_RECORDS FOR THIS TASK_

--- --- ---

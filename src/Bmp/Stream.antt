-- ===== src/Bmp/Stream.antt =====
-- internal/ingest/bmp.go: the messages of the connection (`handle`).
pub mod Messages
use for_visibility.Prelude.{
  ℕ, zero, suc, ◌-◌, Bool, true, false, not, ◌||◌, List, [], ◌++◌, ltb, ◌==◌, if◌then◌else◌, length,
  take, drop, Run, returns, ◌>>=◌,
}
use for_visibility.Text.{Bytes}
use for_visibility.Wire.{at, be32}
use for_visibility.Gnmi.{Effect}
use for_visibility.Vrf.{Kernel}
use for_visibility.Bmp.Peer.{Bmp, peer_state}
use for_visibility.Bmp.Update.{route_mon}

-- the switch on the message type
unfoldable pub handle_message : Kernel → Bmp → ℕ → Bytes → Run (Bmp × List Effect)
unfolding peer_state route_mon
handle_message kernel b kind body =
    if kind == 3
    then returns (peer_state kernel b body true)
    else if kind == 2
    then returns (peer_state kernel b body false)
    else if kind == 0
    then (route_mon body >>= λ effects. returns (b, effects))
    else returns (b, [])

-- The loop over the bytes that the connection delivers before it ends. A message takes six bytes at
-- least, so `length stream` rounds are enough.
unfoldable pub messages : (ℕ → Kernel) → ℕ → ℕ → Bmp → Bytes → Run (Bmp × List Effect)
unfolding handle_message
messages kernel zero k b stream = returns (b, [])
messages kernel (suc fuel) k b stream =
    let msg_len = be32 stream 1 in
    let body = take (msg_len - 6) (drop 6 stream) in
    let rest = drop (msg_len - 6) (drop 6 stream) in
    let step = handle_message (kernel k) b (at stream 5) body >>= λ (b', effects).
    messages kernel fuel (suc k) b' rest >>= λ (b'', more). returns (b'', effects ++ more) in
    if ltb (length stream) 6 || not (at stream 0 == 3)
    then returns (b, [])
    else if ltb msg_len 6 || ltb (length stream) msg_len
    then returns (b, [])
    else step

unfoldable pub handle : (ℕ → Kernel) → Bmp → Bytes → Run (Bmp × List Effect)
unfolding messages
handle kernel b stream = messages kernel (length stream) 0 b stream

--- --- ---

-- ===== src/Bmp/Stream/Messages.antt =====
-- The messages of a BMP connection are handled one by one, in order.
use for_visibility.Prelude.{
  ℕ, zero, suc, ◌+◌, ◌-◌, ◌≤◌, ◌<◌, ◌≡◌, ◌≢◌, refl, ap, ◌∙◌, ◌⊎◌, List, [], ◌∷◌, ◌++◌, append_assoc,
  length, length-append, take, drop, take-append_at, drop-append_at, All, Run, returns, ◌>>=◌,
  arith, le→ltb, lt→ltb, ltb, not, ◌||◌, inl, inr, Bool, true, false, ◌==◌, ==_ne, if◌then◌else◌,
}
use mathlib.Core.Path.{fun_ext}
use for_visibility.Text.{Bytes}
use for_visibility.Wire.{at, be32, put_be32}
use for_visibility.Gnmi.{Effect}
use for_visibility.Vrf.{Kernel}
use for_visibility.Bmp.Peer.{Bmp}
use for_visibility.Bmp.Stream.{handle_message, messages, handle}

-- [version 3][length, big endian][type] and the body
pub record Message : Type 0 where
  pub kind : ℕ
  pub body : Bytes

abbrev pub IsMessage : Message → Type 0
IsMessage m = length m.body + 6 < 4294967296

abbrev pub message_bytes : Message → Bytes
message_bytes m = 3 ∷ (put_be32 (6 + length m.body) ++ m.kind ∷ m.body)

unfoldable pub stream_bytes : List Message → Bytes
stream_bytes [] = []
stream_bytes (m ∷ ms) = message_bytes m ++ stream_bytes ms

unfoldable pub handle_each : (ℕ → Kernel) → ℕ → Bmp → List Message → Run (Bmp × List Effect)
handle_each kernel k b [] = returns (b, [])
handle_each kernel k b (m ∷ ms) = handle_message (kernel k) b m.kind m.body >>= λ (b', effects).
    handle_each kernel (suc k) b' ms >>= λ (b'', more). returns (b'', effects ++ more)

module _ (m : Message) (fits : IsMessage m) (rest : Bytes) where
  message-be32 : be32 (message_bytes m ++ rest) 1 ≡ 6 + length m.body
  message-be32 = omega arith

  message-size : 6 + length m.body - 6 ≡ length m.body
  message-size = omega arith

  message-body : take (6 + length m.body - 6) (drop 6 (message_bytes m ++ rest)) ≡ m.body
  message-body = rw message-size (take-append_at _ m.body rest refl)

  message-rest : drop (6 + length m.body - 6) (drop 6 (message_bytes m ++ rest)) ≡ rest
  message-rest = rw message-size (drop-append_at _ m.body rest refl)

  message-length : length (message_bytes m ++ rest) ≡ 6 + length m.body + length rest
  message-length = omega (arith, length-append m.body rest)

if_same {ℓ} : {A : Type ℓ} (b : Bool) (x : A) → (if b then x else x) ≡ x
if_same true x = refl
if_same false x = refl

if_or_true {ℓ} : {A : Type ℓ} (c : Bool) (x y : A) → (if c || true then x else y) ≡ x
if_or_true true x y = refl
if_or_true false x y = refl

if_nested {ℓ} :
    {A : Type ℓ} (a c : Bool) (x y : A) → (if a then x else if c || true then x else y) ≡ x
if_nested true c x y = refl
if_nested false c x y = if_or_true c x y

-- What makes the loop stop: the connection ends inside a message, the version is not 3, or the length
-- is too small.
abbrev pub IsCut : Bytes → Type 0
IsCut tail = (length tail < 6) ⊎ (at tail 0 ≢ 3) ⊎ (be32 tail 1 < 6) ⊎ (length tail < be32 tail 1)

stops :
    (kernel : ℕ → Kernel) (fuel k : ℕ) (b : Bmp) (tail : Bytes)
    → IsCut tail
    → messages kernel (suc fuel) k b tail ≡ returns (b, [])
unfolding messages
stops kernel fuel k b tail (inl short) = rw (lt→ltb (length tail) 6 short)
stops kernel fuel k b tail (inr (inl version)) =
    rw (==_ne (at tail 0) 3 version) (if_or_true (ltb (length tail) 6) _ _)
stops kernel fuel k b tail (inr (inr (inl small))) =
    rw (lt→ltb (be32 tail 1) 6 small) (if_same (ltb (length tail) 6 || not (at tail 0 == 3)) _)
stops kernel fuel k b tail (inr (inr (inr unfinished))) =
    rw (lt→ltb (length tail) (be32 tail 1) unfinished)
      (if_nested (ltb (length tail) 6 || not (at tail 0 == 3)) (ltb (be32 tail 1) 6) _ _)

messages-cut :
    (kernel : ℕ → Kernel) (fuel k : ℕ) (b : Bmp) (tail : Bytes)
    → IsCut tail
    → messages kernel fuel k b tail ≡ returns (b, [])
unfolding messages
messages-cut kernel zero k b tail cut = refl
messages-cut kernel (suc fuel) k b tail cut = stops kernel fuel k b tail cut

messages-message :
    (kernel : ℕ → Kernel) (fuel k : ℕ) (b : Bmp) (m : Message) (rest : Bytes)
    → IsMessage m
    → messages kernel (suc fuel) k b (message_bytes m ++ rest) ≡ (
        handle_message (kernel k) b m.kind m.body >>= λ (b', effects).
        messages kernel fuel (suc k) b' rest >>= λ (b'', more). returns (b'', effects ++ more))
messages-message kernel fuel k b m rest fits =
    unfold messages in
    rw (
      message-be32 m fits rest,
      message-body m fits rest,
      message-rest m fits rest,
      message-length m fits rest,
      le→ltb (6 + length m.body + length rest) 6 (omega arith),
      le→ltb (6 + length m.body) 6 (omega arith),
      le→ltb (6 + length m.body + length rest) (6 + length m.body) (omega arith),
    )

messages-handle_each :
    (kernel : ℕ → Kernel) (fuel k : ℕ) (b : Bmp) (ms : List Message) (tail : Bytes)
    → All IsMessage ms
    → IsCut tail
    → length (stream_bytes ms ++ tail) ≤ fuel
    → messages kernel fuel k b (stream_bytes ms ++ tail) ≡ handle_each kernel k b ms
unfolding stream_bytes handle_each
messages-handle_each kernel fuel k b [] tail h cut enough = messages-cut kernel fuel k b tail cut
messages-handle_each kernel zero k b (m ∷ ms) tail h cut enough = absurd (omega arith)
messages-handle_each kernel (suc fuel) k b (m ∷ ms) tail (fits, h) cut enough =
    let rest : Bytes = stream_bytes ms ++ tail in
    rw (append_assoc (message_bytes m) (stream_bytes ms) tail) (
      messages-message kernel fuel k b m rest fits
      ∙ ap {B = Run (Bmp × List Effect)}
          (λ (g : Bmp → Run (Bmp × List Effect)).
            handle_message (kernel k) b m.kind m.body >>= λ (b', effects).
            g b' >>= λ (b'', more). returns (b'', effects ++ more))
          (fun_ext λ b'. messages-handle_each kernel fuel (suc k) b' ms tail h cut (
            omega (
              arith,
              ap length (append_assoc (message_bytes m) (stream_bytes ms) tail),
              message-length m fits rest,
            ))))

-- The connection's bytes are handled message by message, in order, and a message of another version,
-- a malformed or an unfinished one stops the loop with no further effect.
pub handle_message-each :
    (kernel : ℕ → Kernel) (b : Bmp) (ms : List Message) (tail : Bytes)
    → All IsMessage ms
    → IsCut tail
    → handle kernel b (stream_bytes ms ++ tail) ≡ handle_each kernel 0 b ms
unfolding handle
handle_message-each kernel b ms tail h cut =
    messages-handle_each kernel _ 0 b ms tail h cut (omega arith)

--- --- ---

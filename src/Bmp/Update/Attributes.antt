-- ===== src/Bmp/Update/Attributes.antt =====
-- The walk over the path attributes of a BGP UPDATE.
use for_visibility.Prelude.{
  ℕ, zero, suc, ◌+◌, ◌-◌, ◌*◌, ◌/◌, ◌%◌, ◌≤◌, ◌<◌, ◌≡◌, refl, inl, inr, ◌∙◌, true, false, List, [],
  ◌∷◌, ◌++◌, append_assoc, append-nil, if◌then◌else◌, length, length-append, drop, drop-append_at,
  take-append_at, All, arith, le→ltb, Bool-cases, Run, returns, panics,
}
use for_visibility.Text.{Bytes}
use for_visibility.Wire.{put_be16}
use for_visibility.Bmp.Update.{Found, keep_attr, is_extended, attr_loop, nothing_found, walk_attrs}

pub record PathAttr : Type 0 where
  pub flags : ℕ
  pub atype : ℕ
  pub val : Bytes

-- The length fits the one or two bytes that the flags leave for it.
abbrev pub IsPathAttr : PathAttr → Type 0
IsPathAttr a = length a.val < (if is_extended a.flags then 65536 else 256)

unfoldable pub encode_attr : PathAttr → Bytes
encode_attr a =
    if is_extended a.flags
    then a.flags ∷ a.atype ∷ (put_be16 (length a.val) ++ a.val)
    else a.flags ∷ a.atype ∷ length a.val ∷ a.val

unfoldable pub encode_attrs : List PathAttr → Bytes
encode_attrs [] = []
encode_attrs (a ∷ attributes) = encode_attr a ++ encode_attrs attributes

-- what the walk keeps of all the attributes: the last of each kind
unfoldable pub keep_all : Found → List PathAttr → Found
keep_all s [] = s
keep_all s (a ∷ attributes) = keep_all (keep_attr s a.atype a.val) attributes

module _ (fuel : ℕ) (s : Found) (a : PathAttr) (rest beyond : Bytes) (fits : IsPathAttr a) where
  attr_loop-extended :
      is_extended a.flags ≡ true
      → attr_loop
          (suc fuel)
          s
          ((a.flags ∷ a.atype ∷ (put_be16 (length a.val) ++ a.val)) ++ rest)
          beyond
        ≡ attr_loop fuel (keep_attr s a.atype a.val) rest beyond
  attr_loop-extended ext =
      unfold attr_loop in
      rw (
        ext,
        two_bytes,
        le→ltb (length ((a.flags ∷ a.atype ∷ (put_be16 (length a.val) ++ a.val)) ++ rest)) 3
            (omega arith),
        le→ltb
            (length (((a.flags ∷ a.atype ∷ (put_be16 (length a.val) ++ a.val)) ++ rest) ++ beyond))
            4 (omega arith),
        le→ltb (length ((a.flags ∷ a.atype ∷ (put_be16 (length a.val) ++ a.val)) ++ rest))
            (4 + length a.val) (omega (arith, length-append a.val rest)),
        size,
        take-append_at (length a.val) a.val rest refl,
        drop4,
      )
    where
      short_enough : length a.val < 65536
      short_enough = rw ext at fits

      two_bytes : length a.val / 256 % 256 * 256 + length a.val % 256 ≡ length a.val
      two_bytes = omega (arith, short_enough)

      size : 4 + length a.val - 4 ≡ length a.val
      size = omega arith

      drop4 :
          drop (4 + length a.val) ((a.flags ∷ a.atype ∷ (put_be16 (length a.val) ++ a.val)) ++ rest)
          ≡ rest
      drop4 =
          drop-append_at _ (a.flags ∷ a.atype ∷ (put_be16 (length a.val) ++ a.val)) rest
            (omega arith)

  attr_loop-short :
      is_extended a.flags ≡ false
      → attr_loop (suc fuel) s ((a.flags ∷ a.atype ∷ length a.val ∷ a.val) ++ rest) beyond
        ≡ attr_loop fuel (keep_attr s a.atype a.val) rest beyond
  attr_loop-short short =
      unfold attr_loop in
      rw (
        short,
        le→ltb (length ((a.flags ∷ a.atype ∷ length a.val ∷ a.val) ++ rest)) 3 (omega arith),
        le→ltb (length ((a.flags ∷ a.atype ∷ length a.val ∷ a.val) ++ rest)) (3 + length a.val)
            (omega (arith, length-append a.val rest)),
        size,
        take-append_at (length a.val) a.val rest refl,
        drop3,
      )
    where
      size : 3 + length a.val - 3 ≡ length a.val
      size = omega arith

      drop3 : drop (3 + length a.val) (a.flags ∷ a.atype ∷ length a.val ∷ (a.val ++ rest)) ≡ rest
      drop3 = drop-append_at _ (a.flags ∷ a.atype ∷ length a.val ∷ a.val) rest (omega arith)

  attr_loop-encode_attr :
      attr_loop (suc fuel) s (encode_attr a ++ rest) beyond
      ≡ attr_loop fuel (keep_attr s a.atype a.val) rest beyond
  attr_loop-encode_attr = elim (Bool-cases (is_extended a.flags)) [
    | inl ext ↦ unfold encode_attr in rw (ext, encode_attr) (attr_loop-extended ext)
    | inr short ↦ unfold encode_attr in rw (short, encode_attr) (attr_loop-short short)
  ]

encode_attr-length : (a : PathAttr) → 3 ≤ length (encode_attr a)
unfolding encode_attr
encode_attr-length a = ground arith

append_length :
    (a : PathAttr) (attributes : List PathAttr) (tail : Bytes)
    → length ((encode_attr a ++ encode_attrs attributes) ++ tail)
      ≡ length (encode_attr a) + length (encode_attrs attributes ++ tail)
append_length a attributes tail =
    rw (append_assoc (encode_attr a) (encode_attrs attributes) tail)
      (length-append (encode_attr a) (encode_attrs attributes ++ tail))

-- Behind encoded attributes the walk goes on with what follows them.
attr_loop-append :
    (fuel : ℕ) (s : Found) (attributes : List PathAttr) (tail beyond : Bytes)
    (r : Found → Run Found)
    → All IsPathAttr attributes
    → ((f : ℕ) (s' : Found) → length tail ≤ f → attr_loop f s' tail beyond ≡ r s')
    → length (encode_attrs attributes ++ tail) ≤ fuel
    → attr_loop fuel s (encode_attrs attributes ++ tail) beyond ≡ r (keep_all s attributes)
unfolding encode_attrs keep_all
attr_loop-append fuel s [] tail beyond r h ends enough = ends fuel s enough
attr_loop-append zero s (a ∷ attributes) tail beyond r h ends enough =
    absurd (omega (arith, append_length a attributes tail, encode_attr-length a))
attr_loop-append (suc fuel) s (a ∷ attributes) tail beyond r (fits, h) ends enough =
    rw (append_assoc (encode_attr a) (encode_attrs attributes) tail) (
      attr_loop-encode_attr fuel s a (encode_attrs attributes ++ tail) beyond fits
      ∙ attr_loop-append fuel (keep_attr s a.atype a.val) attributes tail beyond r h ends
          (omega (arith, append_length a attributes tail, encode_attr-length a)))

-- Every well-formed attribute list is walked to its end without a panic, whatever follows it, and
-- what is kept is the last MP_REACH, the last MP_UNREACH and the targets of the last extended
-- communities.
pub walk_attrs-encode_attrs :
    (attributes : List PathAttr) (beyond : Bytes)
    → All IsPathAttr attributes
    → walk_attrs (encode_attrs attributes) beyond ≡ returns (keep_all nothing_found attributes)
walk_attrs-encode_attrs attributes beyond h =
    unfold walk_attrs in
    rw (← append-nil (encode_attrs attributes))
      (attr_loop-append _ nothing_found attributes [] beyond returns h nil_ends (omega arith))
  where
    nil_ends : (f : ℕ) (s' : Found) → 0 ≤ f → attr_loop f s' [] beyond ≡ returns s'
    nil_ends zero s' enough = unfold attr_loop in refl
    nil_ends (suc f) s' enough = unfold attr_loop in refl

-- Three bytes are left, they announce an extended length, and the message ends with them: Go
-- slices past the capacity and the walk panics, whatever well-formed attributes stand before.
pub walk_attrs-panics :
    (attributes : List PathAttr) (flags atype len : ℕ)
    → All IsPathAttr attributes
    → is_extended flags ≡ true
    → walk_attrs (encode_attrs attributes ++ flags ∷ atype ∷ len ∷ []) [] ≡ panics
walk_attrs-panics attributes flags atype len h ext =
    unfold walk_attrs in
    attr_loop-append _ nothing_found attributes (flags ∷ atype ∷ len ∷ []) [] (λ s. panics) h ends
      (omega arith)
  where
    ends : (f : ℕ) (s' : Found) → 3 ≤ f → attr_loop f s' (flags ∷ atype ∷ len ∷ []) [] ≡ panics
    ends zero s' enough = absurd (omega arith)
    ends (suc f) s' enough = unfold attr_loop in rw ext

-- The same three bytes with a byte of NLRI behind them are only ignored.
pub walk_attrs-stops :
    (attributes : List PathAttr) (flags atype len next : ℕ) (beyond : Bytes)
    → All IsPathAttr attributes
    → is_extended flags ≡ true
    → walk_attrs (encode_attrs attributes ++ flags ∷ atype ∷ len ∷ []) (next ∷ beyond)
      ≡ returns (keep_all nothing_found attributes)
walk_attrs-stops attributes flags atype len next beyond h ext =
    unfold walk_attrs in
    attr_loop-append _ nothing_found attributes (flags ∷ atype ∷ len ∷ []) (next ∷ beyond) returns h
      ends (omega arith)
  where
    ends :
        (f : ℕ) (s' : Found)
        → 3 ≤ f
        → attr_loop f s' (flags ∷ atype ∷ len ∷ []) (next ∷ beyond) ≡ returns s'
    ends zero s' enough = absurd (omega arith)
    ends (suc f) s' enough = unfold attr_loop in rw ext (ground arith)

--- --- ---

Pull every line containing "them" out of the material and copy it.

_REPLY_
-- Behind encoded attributes the walk goes on with what follows them.
-- Three bytes are left, they announce an extended length, and the message ends with them: Go
-- The same three bytes with a byte of NLRI behind them are only ignored.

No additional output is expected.